-- ===== src/Lzf/BackRounds.antt =====
-- The rounds of the loop of `Decompress` that meet a back reference.
use golly.Base.{
  ℕ, zero, suc, ◌+◌, ◌-◌, ◌*◌, ◌%◌, ◌≤◌, ◌<◌, none, some, inl, inr, [], ◌∷◌, ◌++◌, ◌≡◌, refl, ◌∙◌,
  arith, Bytes, lt→ltb, le→ltb,
}
use golly.Base.Calls.{ok, panic, Fuel, read_at, read_at-append}
use golly.Base.Lists.{length, length-append, length-replicate, drop, replicate, get_or}
use golly.Lzf.{word, refer, back_reference, round, copy_back}
use golly.Lzf.Copy.{copy_back-repeated}
use golly.Lzf.Format.{repeated, high_part, read_reference}
use golly.Lzf.References.{Reads, reference-Ends, within}
use golly.Lzf.Rounds.{buffer, buffer-drop, word-small}

pub length-repeated : (n d : ℕ) (out : Bytes) → length (repeated n d out) ≡ length out + n
length-repeated zero d out = omega arith
length-repeated (suc n) d out = omega (
  arith,
  length-repeated n d (out ++ get_or out (length out - d) 0 ∷ []),
  length-append out (get_or out (length out - d) 0 ∷ []),
)

round-refer :
    (limit c n d : ℕ) (pre out rest rest' : Bytes) (r : Reads c pre rest n d rest')
    → 32 ≤ c
    → 0 < length rest
    → round (pre ++ c ∷ rest) limit (buffer limit out) (length pre) (length out)
      ≡ refer c n (pre ++ c ∷ rest) limit (buffer limit out) r.index (length out)
unfolding round back_reference
round-refer limit c n d pre out rest rest' r h p =
    rw
      (
        read_at-append {E = Fuel} pre c rest (length pre) refl,
        le→ltb c 32 h,
        within pre rest c 1 p (omega arith),
        r.reads,
      )
      refl

-- The word from which the low byte is taken.
abbrev start : ℕ → ℕ → ℕ
start c o = word (o + 4294967296 - (c % 32) * 256 - 1)

start_near : (c o : ℕ) → high_part c ≤ o → o < 4294967296 → start c o + high_part c ≡ o
start_near c o h k = omega arith

start_wrapped : (c o : ℕ) → o < high_part c → start c o ≡ o + 4294967296 - high_part c
start_wrapped c o h = omega arith

pub round-back_over :
    (limit c n d : ℕ) (pre out rest rest' : Bytes)
    → Reads c pre rest n d rest'
    → 32 ≤ c
    → 0 < length rest
    → length out + n + 2 < 4294967296
    → limit < length out + n + 2
    → round (pre ++ c ∷ rest) limit (buffer limit out) (length pre) (length out) ≡ ok none
unfolding refer
round-back_over limit c n d pre out rest rest' r h p small over =
    let w : word (length out + n + 2) ≡ length out + n + 2 = word-small _ small in
    round-refer limit c n d pre out rest rest' r h p
    ∙ rw (r.low_read, w, lt→ltb limit (length out + n + 2) over) refl

pub round-far :
    (limit c n d : ℕ) (pre out rest rest' : Bytes)
    → Reads c pre rest n d rest'
    → 32 ≤ c
    → 0 < length rest
    → limit < 1073741824
    → length out + n + 2 ≤ limit
    → length out < d
    → high_part c ≤ length out
    → round (pre ++ c ∷ rest) limit (buffer limit out) (length pre) (length out) ≡ ok none
unfolding refer
round-far limit c n d pre out rest rest' r h p small fits far near =
    let w : word (length out + n + 2) ≡ length out + n + 2 = word-small _ (omega arith) in
    let low : start c (length out) < r.low =
      omega (arith, start_near c (length out) near (omega arith), r.distance) in
    round-refer limit c n d pre out rest rest' r h p
    ∙ rw (r.low_read, w, le→ltb limit (length out + n + 2) fits, lt→ltb _ _ low) refl

pub round-back :
    (limit c n d : ℕ) (pre out rest rest' : Bytes) (r : Reads c pre rest n d rest')
    → 32 ≤ c
    → limit < 1073741824
    → length out + n + 2 ≤ limit
    → d ≤ length out
    → round (pre ++ c ∷ rest) limit (buffer limit out) (length pre) (length out)
      ≡ ok (some (buffer limit (repeated (n + 2) d out), r.index + 1, length out + (n + 2)))
unfolding refer
round-back limit c n d pre out rest rest' r h small fits near =
    let w : word (length out + n + 2) ≡ length out + n + 2 = word-small _ (omega arith) in
    let s : start c (length out) + high_part c ≡ length out =
      start_near c (length out) (omega (arith, r.distance)) (omega arith) in
    let low : r.low ≤ start c (length out) = omega (arith, r.distance) in
    let copy : copy_back (n + 2) (buffer limit out) (start c (length out) - r.low) (length out)
        ≡ ok (repeated (n + 2) d out ++ drop (n + 2) (replicate (limit - length out) 0)) =
      copy_back-repeated (n + 2) d out (replicate (limit - length out) 0) _ (length out)
        (omega (arith, r.distance)) (omega (arith, r.distance)) refl
        (omega (arith, length-replicate {A = ℕ} (limit - length out) 0)) in
    round-refer limit c n d pre out rest rest' r h (omega (arith, r.shorter))
    ∙ rw
        (
          r.low_read,
          w,
          le→ltb limit (length out + n + 2) fits,
          le→ltb (start c (length out)) r.low low,
          copy,
          buffer-drop limit (n + 2) out (repeated (n + 2) d out) (length-repeated (n + 2) d out),
        )
        refl

read_at-panic : (xs : Bytes) (i : ℕ) → length xs ≤ i → read_at {E = Fuel} xs i ≡ panic
read_at-panic [] i h = refl
read_at-panic (x ∷ xs) zero h = absurd (omega arith)
read_at-panic (x ∷ xs) (suc i) h = read_at-panic xs i (omega arith)

copy_back-panic :
    (n : ℕ) (output : Bytes) (k j : ℕ) → 0 < n → length output ≤ k → copy_back n output k j ≡ panic
unfolding copy_back
copy_back-panic zero output k j p h = absurd (omega arith)
copy_back-panic (suc n) output k j p h = rw (read_at-panic output k h) refl

pub round-wraps :
    (limit c n d : ℕ) (pre out rest rest' : Bytes)
    → Reads c pre rest n d rest'
    → 32 ≤ c
    → limit < 1073741824
    → length out + n + 2 ≤ limit
    → length out < high_part c
    → round (pre ++ c ∷ rest) limit (buffer limit out) (length pre) (length out) ≡ panic
unfolding refer
round-wraps limit c n d pre out rest rest' r h small fits far =
    let w : word (length out + n + 2) ≡ length out + n + 2 = word-small _ (omega arith) in
    let s : start c (length out) ≡ length out + 4294967296 - high_part c =
      start_wrapped c (length out) far in
    let low : r.low ≤ start c (length out) = omega (arith, r.is_byte) in
    let copy : copy_back (n + 2) (buffer limit out) (start c (length out) - r.low) (length out)
        ≡ panic =
      copy_back-panic (n + 2) (buffer limit out) _ (length out) (omega arith) (
        omega (
          arith,
          r.is_byte,
          length-append out (replicate (limit - length out) 0),
          length-replicate {A = ℕ} (limit - length out) 0,
        )) in
    round-refer limit c n d pre out rest rest' r h (omega (arith, r.shorter))
    ∙ rw
        (
          r.low_read,
          w,
          le→ltb limit (length out + n + 2) fits,
          le→ltb (start c (length out)) r.low low,
          copy,
        )
        refl

pub round-back_cut :
    (limit c : ℕ) (pre out rest : Bytes)
    → 32 ≤ c
    → read_reference c rest ≡ none
    → round (pre ++ c ∷ rest) limit (buffer limit out) (length pre) (length out) ≡ ok none
unfolding round back_reference
round-back_cut limit c pre out rest h e = elim (reference-Ends c pre rest e) [
  | inl k ↦ rw (read_at-append {E = Fuel} pre c rest (length pre) refl, le→ltb c 32 h, k) refl
  | inr (k, q) ↦
      rw (read_at-append {E = Fuel} pre c rest (length pre) refl, le→ltb c 32 h, k, q) refl
]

> _Task statement_
Count the lines of the data above where the string "index" shows up; reply with the number only.

> _Result of this exercise_
2